*** Opening of Data records ***

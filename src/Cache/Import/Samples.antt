-- ===== src/Cache/Import/Samples.antt =====
-- Runs of the `ImportCache` of daemon/src/cache/memory.rs, and inputs where its theorems apply.
use import_lens.Prelude.{
  ℕ, ◌≤◌, ◌≡◌, ◌⊎◌, inl, inr, refl, ap, ◌∙◌, String, true, false, not, List, [], ◌∷◌, Option, none,
  some, get, All, arith, ℕ_discrete, text_dec, ite, remove, contains_key, contains, if◌then◌else◌,
  ◌==◌, DistinctKeys, total_of, u64_max, insert, remove_many, keys_where,
}
use import_lens.Cache.Fingerprint.{
  fingerprints_are_reusable, fingerprint_is_unverifiable, fingerprints_have_conflicting_snapshots,
  check_one, fingerprint_is_installed, check_fingerprint_strict, verify_content_hash, IoResult, err,
  not_found, ok, FileFingerprint,
}
use import_lens.Cache.Identity.{CacheIdentity, client, namespace}
use import_lens.Cache.Memory.{never}
use import_lens.Cache.Disk.{empty_tables}
use import_lens.Cache.Import.{
  ImportResult, CachedImport, ImportCache, World, result_fresh, memory_weight,
}
use import_lens.Cache.Import.Writes.{enforce_memory_cap}
use import_lens.Cache.Import.Reads.{
  get_if_fresh, get_if_fresh_and_promote, get_with_result_freshness,
}
use import_lens.Cache.Import.Served.{Verified, get_if_fresh-Verified}
use import_lens.Cache.Import.Verdicts.{
  answer, verdict, takes_away, get_with_result_freshness-verdict,
}
use import_lens.Cache.Import.Candidates.{IsDirty}
use import_lens.Cache.Import.Capped.{
  WithinCaps, Survives, enforce_memory_cap-WithinCaps, enforce_memory_cap-Survives,
}
use import_lens.Cache.Import.Sweeps.{
  matches, invalidate_packages, purge_orphan_entries, flush_to_disk,
}
use import_lens.Cache.Import.Invalidated.{invalidate_packages-get}
use import_lens.Cache.Disk.Queue.Drained.{committed_at}
use import_lens.Cache.Import.Mirror.{
  idle, finished, Mirror, initial, capture, check, place, check_again, bump, wipe, Reachable, start,
  then_step, captures, checks, places, checks_again, bumps, wipes, AtRest,
}
use import_lens.Cache.Import.Mirror.Settled.{set_phase-other, AtRest-current}

abbrev result_of : String → ℕ → ImportResult
result_of body rows = record {
  body = body;
  is_durable = true;
  internal_contributions = rows;
  cache_hit = false;
  freshness = result_fresh;
}

abbrev read_file : String → IoResult (List ℕ)
read_file path =
    ite (text_dec path "/p/gone.js") (err not_found)
      (ite (text_dec path "/p/old.js") (ok (1 ∷ [])) (ok (11 ∷ [])))

abbrev hash : List ℕ → ℕ
hash [] = 0
hash (b ∷ _) = b

abbrev world : World
world = record {
  generation = 3;
  since_epoch = 500;
  now = 500;
  committed = true;
  metadata = λ _. ok (record { len = 5; modified = none });
  read_file = read_file;
  hash = hash;
  analyzer_version = "1";
  decode = λ _. none;
  encode = λ _. some (1 ∷ []);
  to_vec = λ _. [];
  from_slice = λ _. none;
  symlink_metadata = λ _. ok tt;
}

-- By a number: 9 for a file that is gone, 7 for one that has changed since.
abbrev file : ℕ → FileFingerprint
file kind = record {
  path = if kind == 9 then "/p/gone.js" else if kind == 7 then "/p/old.js" else "/p/index.js";
  len = 5;
  modified_millis = 5;
  content_hash = some 11;
}

abbrev entry : String → ℕ → ℕ → ℕ → CachedImport
entry body len rows seq = record {
  result = result_of body rows;
  dependency_fingerprints = file len ∷ [];
  verification = never;
  last_seq = seq;
  persisted_seq = seq;
  first_party = false;
  identity = seq;
}

abbrev cache : List (String × CachedImport) → List String → ImportCache
cache memory dirty = record {
  memory = memory;
  disk = record {
    db = some empty_tables;
    pending_inserts = [];
    clear_generation = 0;
    flush_retry_after = 0;
  };
  dirty = dirty;
  unknown_retry = [];
  clock = 50;
  next_identity = 50;
}

abbrev mixed : ImportCache
mixed =
    cache (("kept", entry "a" 1 2 4) ∷ ("lost", entry "b" 9 2 5) ∷ ("old", entry "c" 7 2 6) ∷ []) []

fresh_read :
    (get_if_fresh world "kept" mixed).0 ≡ some (record (result_of "a" 2) { cache_hit = true })
unfolding get_if_fresh get text_dec check_one fingerprint_is_installed check_fingerprint_strict
    verify_content_hash
fresh_read = refl

stale_read : (get_if_fresh world "old" mixed).0 ≡ none
unfolding get_if_fresh get text_dec check_one fingerprint_is_installed check_fingerprint_strict
    verify_content_hash
stale_read = refl

get_if_fresh-Verified_example :
    Verified world "kept" mixed (get_if_fresh world "kept" mixed).0
    × Verified world "kept" mixed (get_if_fresh_and_promote world "kept" mixed).0
get_if_fresh-Verified_example = get_if_fresh-Verified world "kept" mixed

found_kept : get "lost" mixed.memory ≡ some (entry "b" 9 2 5)
unfolding get text_dec
found_kept = refl

get_with_result_freshness-verdict_example :
    ((get_with_result_freshness world "lost" mixed).0
      ≡ answer world "lost" (verdict world (entry "b" 9 2 5)) (entry "b" 9 2 5) mixed.unknown_retry)
    × (contains_key "lost" (get_with_result_freshness world "lost" mixed).1.memory
        ≡ not (takes_away world (verdict world (entry "b" 9 2 5))))
get_with_result_freshness-verdict_example =
    get_with_result_freshness-verdict world "lost" (entry "b" 9 2 5) mixed found_kept

-- Three entries of more than a third of the weight each, one of them dirty.
abbrev heavy : ImportCache
heavy =
    cache
      (("new", entry "a" 1 200000 9)
        ∷ ("dirty", entry "b" 1 200000 1)
        ∷ ("older", entry "c" 1 200000 4)
        ∷ [])
      ("dirty" ∷ [])

heavy-DistinctKeys : DistinctKeys heavy.memory
unfolding contains_key text_dec
heavy-DistinctKeys = (refl, (refl, (refl, tt)))

abbrev keys_of : List (String × CachedImport) → List String
keys_of [] = []
keys_of ((key, cached) ∷ memory) = key ∷ keys_of memory

newest_left : keys_of (enforce_memory_cap world heavy).memory ≡ "new" ∷ "dirty" ∷ []
unfolding enforce_memory_cap contains remove text_dec
newest_left = refl

heavy_weight : total_of memory_weight heavy.memory ≤ u64_max
unfolding memory_weight
heavy_weight = omega arith

enforce_memory_cap-WithinCaps_example :
    WithinCaps (enforce_memory_cap world heavy).memory
    ⊎ All (IsDirty heavy.dirty) (enforce_memory_cap world heavy).memory
enforce_memory_cap-WithinCaps_example =
    enforce_memory_cap-WithinCaps world heavy heavy-DistinctKeys heavy_weight

found_older : get "older" heavy.memory ≡ some (entry "c" 1 200000 4)
unfolding get text_dec
found_older = refl

enforce_memory_cap-Survives_example :
    Survives heavy.dirty "older" (entry "c" 1 200000 4) (enforce_memory_cap world heavy).memory
enforce_memory_cap-Survives_example =
    enforce_memory_cap-Survives world heavy "older" (entry "c" 1 200000 4) heavy-DistinctKeys
      found_older

-- Thread 0 places its entry after a clear, and takes it back; thread 1 captures after the clear.
abbrev m1 : Mirror
m1 = capture 0 "a" initial

abbrev m2 : Mirror
m2 = check 0 "a" 0 m1

abbrev m3 : Mirror
m3 = bump m2

abbrev m4 : Mirror
m4 = wipe m3

abbrev m5 : Mirror
m5 = capture 1 "b" m4

abbrev m6 : Mirror
m6 = check 1 "b" 1 m5

abbrev m7 : Mirror
m7 = place 0 "a" 0 m6

abbrev m8 : Mirror
m8 = place 1 "b" 1 m7

abbrev m9 : Mirror
m9 = check_again 0 "a" 0 m8

abbrev m10 : Mirror
m10 = check_again 1 "b" 1 m9

m10-Reachable : Reachable m10
unfolding ℕ_discrete
m10-Reachable =
    then_step
      (then_step
        (then_step
          (then_step
            (then_step
              (then_step
                (then_step
                  (then_step
                    (then_step (then_step start (captures 0 "a" refl)) (checks 0 "a" 0 refl)) bumps)
                  (wipes (omega arith)))
                (captures 1 "b" refl))
              (checks 1 "b" 1 refl))
            (places 0 "a" 0 refl))
          (places 1 "b" 1 refl))
        (checks_again 0 "a" 0 refl))
      (checks_again 1 "b" 1 refl)

m10-idle : (i : ℕ) → ¬ (i ≡ 0) → ¬ (i ≡ 1) → m10.phase i ≡ idle
m10-idle i n0 n1 =
    set_phase-other 1 i finished m9.phase n1
    ∙ set_phase-other 0 i finished m8.phase n0
    ∙ set_phase-other 1 i _ m7.phase n1
    ∙ set_phase-other 0 i _ m6.phase n0
    ∙ set_phase-other 1 i _ m5.phase n1
    ∙ set_phase-other 1 i _ m4.phase n1
    ∙ set_phase-other 0 i _ m1.phase n0
    ∙ set_phase-other 0 i _ initial.phase n0

m10-AtRest : AtRest m10
unfolding ℕ_discrete
m10-AtRest = (
  refl,
  (λ i. elim (ℕ_discrete i 0) [
    | yes e ↦ inr (ap m10.phase e)
    | no n0 ↦ elim (ℕ_discrete i 1) [
      | yes e ↦ inr (ap m10.phase e)
      | no n1 ↦ inl (m10-idle i n0 n1)
    ]
  ]),
)

one_left : get "b" m10.memory ≡ some (record { identity = 1; generation = 1 })
unfolding get insert remove text_dec
one_left = refl

AtRest-current_example : 1 ≡ m10.clear_generation
AtRest-current_example =
    AtRest-current m10 "b" (record { identity = 1; generation = 1 }) m10-Reachable m10-AtRest
      one_left

-- A key that is no identity is matched by its text.
abbrev packages : ImportCache
packages = cache (("react@18", entry "a" 1 2 4) ∷ ("vue@3", entry "b" 1 2 5) ∷ []) []

only_vue : keys_of (invalidate_packages world ("react" ∷ []) packages).memory ≡ "vue@3" ∷ []
unfolding invalidate_packages matches remove_many keys_where remove text_dec
only_vue = refl

invalidate_packages-get_example :
    (get "react@18" (invalidate_packages world ("react" ∷ []) packages).memory
      ≡ (if matches world ("react" ∷ []) "react@18" then none else get "react@18" packages.memory))
    × (get "react@18" (invalidate_packages world ("react" ∷ []) packages).disk.pending_inserts ≡ (
        if matches world ("react" ∷ []) "react@18"
        then none
        else get "react@18" packages.disk.pending_inserts))
    × (committed_at "react@18" (invalidate_packages world ("react" ∷ []) packages).disk.db ≡ (
        if matches world ("react" ∷ []) "react@18"
        then none
        else committed_at "react@18" packages.disk.db))
invalidate_packages-get_example =
    invalidate_packages-get world refl ("react" ∷ []) "react@18" packages

-- One promoted entry, and one dirty key.
abbrev promoted : ImportCache
promoted =
    cache (("used", record (entry "a" 1 2 4) { last_seq = 9 }) ∷ ("vue@3", entry "b" 1 2 5) ∷ [])
      ("vue@3" ∷ [])

abbrev used : CachedImport
used = record (entry "a" 1 2 4) { last_seq = 9 }

flush_ok : (flush_to_disk world promoted).0 ≡ true
unfolding flush_to_disk get contains text_dec insert remove fingerprints_are_reusable
    fingerprint_is_unverifiable fingerprints_have_conflicting_snapshots
flush_ok = refl

-- Keys are taken for identities of another version; only the queue has one.
abbrev identity_of : List ℕ → Option CacheIdentity
identity_of _ = some (record {
  analyzer_version = "1";
  specifier = "react";
  package_name = "react";
  package_version = "18";
  package_root = none;
  entry_path = none;
  runtime = client;
  import_kind = namespace;
  named_exports = [];
})

abbrev queued : ImportCache
queued = record (cache [] []) {
  disk = record {
    db = some empty_tables;
    pending_inserts = ("v4:00", (0, 1 ∷ [])) ∷ [];
    clear_generation = 0;
    flush_retry_after = 0;
  };
}

queued_orphan_stays :
    (purge_orphan_entries
      (record world { from_slice = identity_of })
      "2"
      queued).1.disk.pending_inserts
    ≡ ("v4:00", (0, 1 ∷ [])) ∷ []
unfolding purge_orphan_entries
queued_orphan_stays = refl
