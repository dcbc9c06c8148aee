-- ===== src/Cache/Memory/Evictable.antt =====
-- The keys that daemon/src/cache/memory.rs offers to the evictor.
use import_lens.Prelude.{
  ℕ, zero, suc, ◌+◌, ◌≤◌, ◌<◌, ◌≡◌, refl, ap, sym, subst, ◌∙◌, String, Bool, true, false, ◌||◌,
  List, [], ◌∷◌, ◌++◌, ltb, leb, ◌==◌, if◌then◌else◌, length, length-append, get, take,
  append_assoc, append_nil, arith, Bool-cases, inl, inr, ◌⊎◌, if_cases, ==_iff, ltb→lt,
}
use import_lens.Cache.Memory.{
  is_hot, filter_loop, filter_evictable, lowest_seq_disk_keys, max_eviction_scan,
}

module _ (memory : List (String × ℕ)) where
  -- The keys that were not used since they were persisted.
  pub cold : List (String × ℕ) → List String
  cold [] = []
  cold ((key, seq) ∷ cs) =
      let rest = cold cs in if is_hot (get key memory) seq then rest else key ∷ rest

  filter_loop-take :
      (n m : ℕ) (acc : List String) (cs : List (String × ℕ))
      → n ≡ length acc + suc m
      → filter_loop memory n acc cs ≡ acc ++ take (suc m) (cold cs)
  unfolding filter_loop cold
  filter_loop-take n m acc [] e = sym (append_nil acc)
  filter_loop-take n m acc ((key, seq) ∷ cs) e = elim (Bool-cases (is_hot (get key memory) seq)) [
    | inl hot ↦ rw (hot, filter_loop) (filter_loop-take n m acc cs e)
    | inr used ↦ elim (Bool-cases (leb n (length (acc ++ key ∷ [])))) [
      | inl full ↦
          rw (used, filter_loop)
            (rw (full, filter_loop) (last_one m (ground (arith, length-append acc (key ∷ []), e))))
      | inr more ↦
          rw (used, filter_loop)
            (rw (more, filter_loop)
              (one_more n m acc key cs e more
                (λ k eq. filter_loop-take n k (acc ++ key ∷ []) cs eq)))
    ]
  ]
    where
      last_one : (m : ℕ) → m ≡ 0 → acc ++ key ∷ [] ≡ acc ++ take (suc m) (key ∷ cold cs)
      last_one zero h = refl
      last_one (suc m) h = absurd (omega arith)

      one_more :
          (n m : ℕ) (acc : List String) (key : String) (cs : List (String × ℕ))
          → n ≡ length acc + suc m
          → leb n (length (acc ++ key ∷ [])) ≡ false
          → ((k : ℕ)
              → n ≡ length (acc ++ key ∷ []) + suc k
              → filter_loop memory n (acc ++ key ∷ []) cs
                ≡ (acc ++ key ∷ []) ++ take (suc k) (cold cs))
          → filter_loop memory n (acc ++ key ∷ []) cs ≡ acc ++ take (suc m) (key ∷ cold cs)
      one_more n zero acc key cs e more ih = absurd (ground (arith, length-append acc (key ∷ [])))
      one_more n (suc m) acc key cs e more ih =
          ih m (omega (arith, e, length-append acc (key ∷ [])))
          ∙ append_assoc acc (key ∷ []) (take (suc m) (cold cs))

  filter_evictable-take :
      (cs : List (String × ℕ)) (n : ℕ) → 0 < n → filter_evictable memory cs n ≡ take n (cold cs)
  unfolding filter_evictable
  filter_evictable-take cs zero pos = absurd (omega arith)
  filter_evictable-take cs (suc m) pos = filter_loop-take (suc m) m [] cs (omega arith)

  -- The first cold keys of a prefix, if it has enough of them, are those of the whole list.
  enough_cold :
      (k m n : ℕ) (cs : List (String × ℕ))
      → k ≤ m
      → length (take n (cold (take k cs))) ≡ n
      → take n (cold (take k cs)) ≡ take n (cold (take m cs))
  unfolding cold
  enough_cold k m zero cs le h = refl
  enough_cold zero m (suc n) cs le h = absurd (omega (arith, h))
  enough_cold (suc k) zero (suc n) cs le h = absurd (omega arith)
  enough_cold (suc k) (suc m) (suc n) [] le h = refl
  enough_cold (suc k) (suc m) (suc n) ((key, seq) ∷ cs) le h =
      elim (Bool-cases (is_hot (get key memory) seq)) [
        | inl hot ↦ rw hot (
            enough_cold k m (suc n) cs (omega arith) (
              subst
                (λ b.
                  length (take (suc n) (if b then cold (take k cs) else key ∷ cold (take k cs)))
                  ≡ suc n)
                hot h))
        | inr used ↦ rw used (
            ap (λ rest. key ∷ rest)
              (enough_cold k m n cs (omega arith) (
                omega (
                  arith,
                  subst
                      (λ b.
                        length
                          (take (suc n) (if b then cold (take k cs) else key ∷ cold (take k cs)))
                        ≡ suc n)
                      used h,
                ))))
      ]

  short_region :
      (k m : ℕ) (cs : List (String × ℕ)) → k ≤ m → length (take k cs) < k → take k cs ≡ take m cs
  short_region zero m cs le lt = absurd (omega arith)
  short_region (suc k) zero cs le lt = absurd (omega arith)
  short_region (suc k) (suc m) [] le lt = refl
  short_region (suc k) (suc m) (c ∷ cs) le lt =
      ap (λ rest. c ∷ rest) (short_region k m cs (omega arith) (omega (arith, lt)))

  -- For a disk that lists, from the lowest seq on, the keys that stand below the `floor` newest ones: the
  -- keys offered to the evictor are the first `n` of the scanned window that were not used since they
  -- were persisted. So no key in use is offered, nor one of the newest, as long as a batch is at most
  -- the window.
  pub lowest_seq_disk_keys-cold :
      (region : ℕ → List (String × ℕ)) (n floor : ℕ)
      → 0 < n
      → n ≤ max_eviction_scan
      → lowest_seq_disk_keys memory (λ n floor. take n (region floor)) n floor
        ≡ take n (cold (take max_eviction_scan (region floor)))
  unfolding lowest_seq_disk_keys
  lowest_seq_disk_keys-cold region n floor pos le =
      if_cases (λ ks. ks ≡ wide) (n == 0) _ _ (λ z. absurd (ground arith))
        (λ _.
          if_cases (λ ks. ks ≡ wide) _ _ _
            (λ t. filter_evictable-take first n pos ∙ fast (or_cases _ _ t))
            (λ _. filter_evictable-take (take max_eviction_scan (region floor)) n pos))
    where
      wide : List String
      wide = take n (cold (take max_eviction_scan (region floor)))

      first : List (String × ℕ)
      first = take n (region floor)

      or_cases : (a b : Bool) → (a || b) ≡ true → (a ≡ true) ⊎ (b ≡ true)
      or_cases true b h = inl refl
      or_cases false b h = inr h

      fast :
          ((length (filter_evictable memory first n) == n) ≡ true) ⊎ (ltb (length first) n ≡ true)
          → take n (cold first) ≡ wide
      fast (inl t) =
          enough_cold n max_eviction_scan n (region floor) le
            (ap length (sym (filter_evictable-take first n pos)) ∙ (==_iff _ n).0 t)
      fast (inr t) =
          ap (λ r. take n (cold r))
            (short_region n max_eviction_scan (region floor) le (ltb→lt _ n t))
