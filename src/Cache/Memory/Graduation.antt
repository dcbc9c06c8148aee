-- ===== src/Cache/Memory/Graduation.antt =====
-- How a verification of daemon/src/cache/memory.rs that keeps failing is reported, and how long one that
-- succeeded counts.
use import_lens.Prelude.{
  ℕ, suc, ◌+◌, ◌-◌, ◌≤◌, ◌<◌, ◌≡◌, ◌↔◌, refl, ap, ◌∙◌, String, true, false, ◌&&◌, List, [], ◌∷◌,
  none, some, ltb, leb, if◌then◌else◌, length, get, remove, get-remove, get-insert_same, arith, min,
  u64_max,
}
use import_lens.Cache.Memory.{
  UnknownRetry, ResultFreshness, stale, unverified, record_unknown, clear_unknown, or_new,
  unknown_max_attempts, unknown_persist_after_ms, u32_max, never, stamp, is_current,
  reverify_ttl_ms,
}

-- Sightings of one key, one after the other.
pub sightings : String → List ℕ → List (String × UnknownRetry) → List (String × UnknownRetry)
sightings key [] retries = retries
sightings key (now ∷ later) retries = sightings key later (record_unknown now key retries).1

sightings-get :
    (key : String) (times : List ℕ) (retries : List (String × UnknownRetry)) (first attempts : ℕ)
    → get key retries ≡ some (record { first_seen = first; attempts = min attempts u32_max })
    → get key (sightings key times retries)
      ≡ some (record { first_seen = first; attempts = min (attempts + length times) u32_max })
unfolding sightings record_unknown
sightings-get key [] retries first attempts h =
    h ∙ ap (λ n. some (record { first_seen = first; attempts = min n u32_max })) (omega arith)
sightings-get key (now ∷ later) retries first attempts h =
    sightings-get key later _ first (suc attempts) (
      get-insert_same key _ retries
      ∙ ap
          (λ o.
            some (record (or_new o now) { attempts = min (suc (or_new o now).attempts) u32_max }))
          h
      ∙ ap (λ n. some (record { first_seen = first; attempts = n })) (ground arith))
    ∙ ap (λ n. some (record { first_seen = first; attempts = min n u32_max })) (omega arith)

get-remove_same :
    (key : String) (retries : List (String × UnknownRetry)) → get key (remove key retries) ≡ none
get-remove_same key retries = ground (arith, get-remove key key retries)

abbrev failing : ResultFreshness
failing = unverified "dependency verification failed (transient)"

abbrev report_of : ℕ → ℕ → ℕ → ResultFreshness
report_of now attempts seen =
    if leb attempts unknown_max_attempts && ltb (now - seen) unknown_persist_after_ms
    then stale true
    else failing

-- The time of the first failure: `now`, if it is the first one.
abbrev pub first_of : List ℕ → ℕ → ℕ
first_of [] now = now
first_of (first ∷ times) now = first

-- After an outcome other than `Unknown`, the failures of the verification of a key, the first one included,
-- are reported as stale, with a recomputation under way, as long as they are at most three and the last one
-- comes within two seconds of the first one; any other one is reported as unverified.
pub record_unknown-graduates :
    (key : String) (times : List ℕ) (now : ℕ) (retries : List (String × UnknownRetry))
    → (record_unknown now key (sightings key times (clear_unknown key retries))).0 ≡ (
        if leb (suc (length times)) unknown_max_attempts
          && ltb (now - first_of times now) unknown_persist_after_ms
        then stale true
        else unverified "dependency verification failed (transient)")
unfolding record_unknown clear_unknown sightings
record_unknown-graduates key [] now retries =
    ap (λ o. report_of now (min (suc (or_new o now).attempts) u32_max) (or_new o now).first_seen)
      (get-remove_same key retries)
record_unknown-graduates key (first ∷ times) now retries =
    ap (λ o. report_of now (min (suc (or_new o now).attempts) u32_max) (or_new o now).first_seen)
      known
    ∙ ap (λ b. if b && ltb (now - first) unknown_persist_after_ms then stale true else failing)
        (few (length times))
  where
    known :
        get key (sightings key (first ∷ times) (clear_unknown key retries))
        ≡ some (record { first_seen = first; attempts = min (1 + length times) u32_max })
    known = sightings-get key times _ first 1 (
        get-insert_same key _ (remove key retries)
        ∙ ap
            (λ o.
              some (record (or_new o first) {
                attempts = min (suc (or_new o first).attempts) u32_max;
              }))
            (get-remove_same key retries))

    few :
        (n : ℕ)
        → leb (min (suc (min (1 + n) u32_max)) u32_max) unknown_max_attempts
          ≡ leb (suc (suc n)) unknown_max_attempts
    few n = ground arith

-- A verification stamped under a generation counts at a later time exactly if the generation is still
-- that one and less than thirty seconds have passed; one that never happened does not count.
pub is_current-stamp :
    (now later generation current : ℕ)
    → now < u64_max
    → now ≤ later
    → ((is_current later current (stamp now generation) ≡ true)
        ↔ ((generation ≡ current) × (later < now + reverify_ttl_ms)))
      × (is_current later current never ≡ false)
unfolding is_current stamp
is_current-stamp now later generation current lt le =
    (((λ h. (ground arith, ground arith)), λ (same, soon). ground arith), refl)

*** Close of Data records ***

Instructions to follow ::
Scan the preceding listing for the string "were" and copy every line where it occurs.

Expected output ::
  -- The keys that were not used since they were persisted.
  -- keys offered to the evictor are the first `n` of the scanned window that were not used since they
  -- were persisted. So no key in use is offered, nor one of the newest, as long as a batch is at most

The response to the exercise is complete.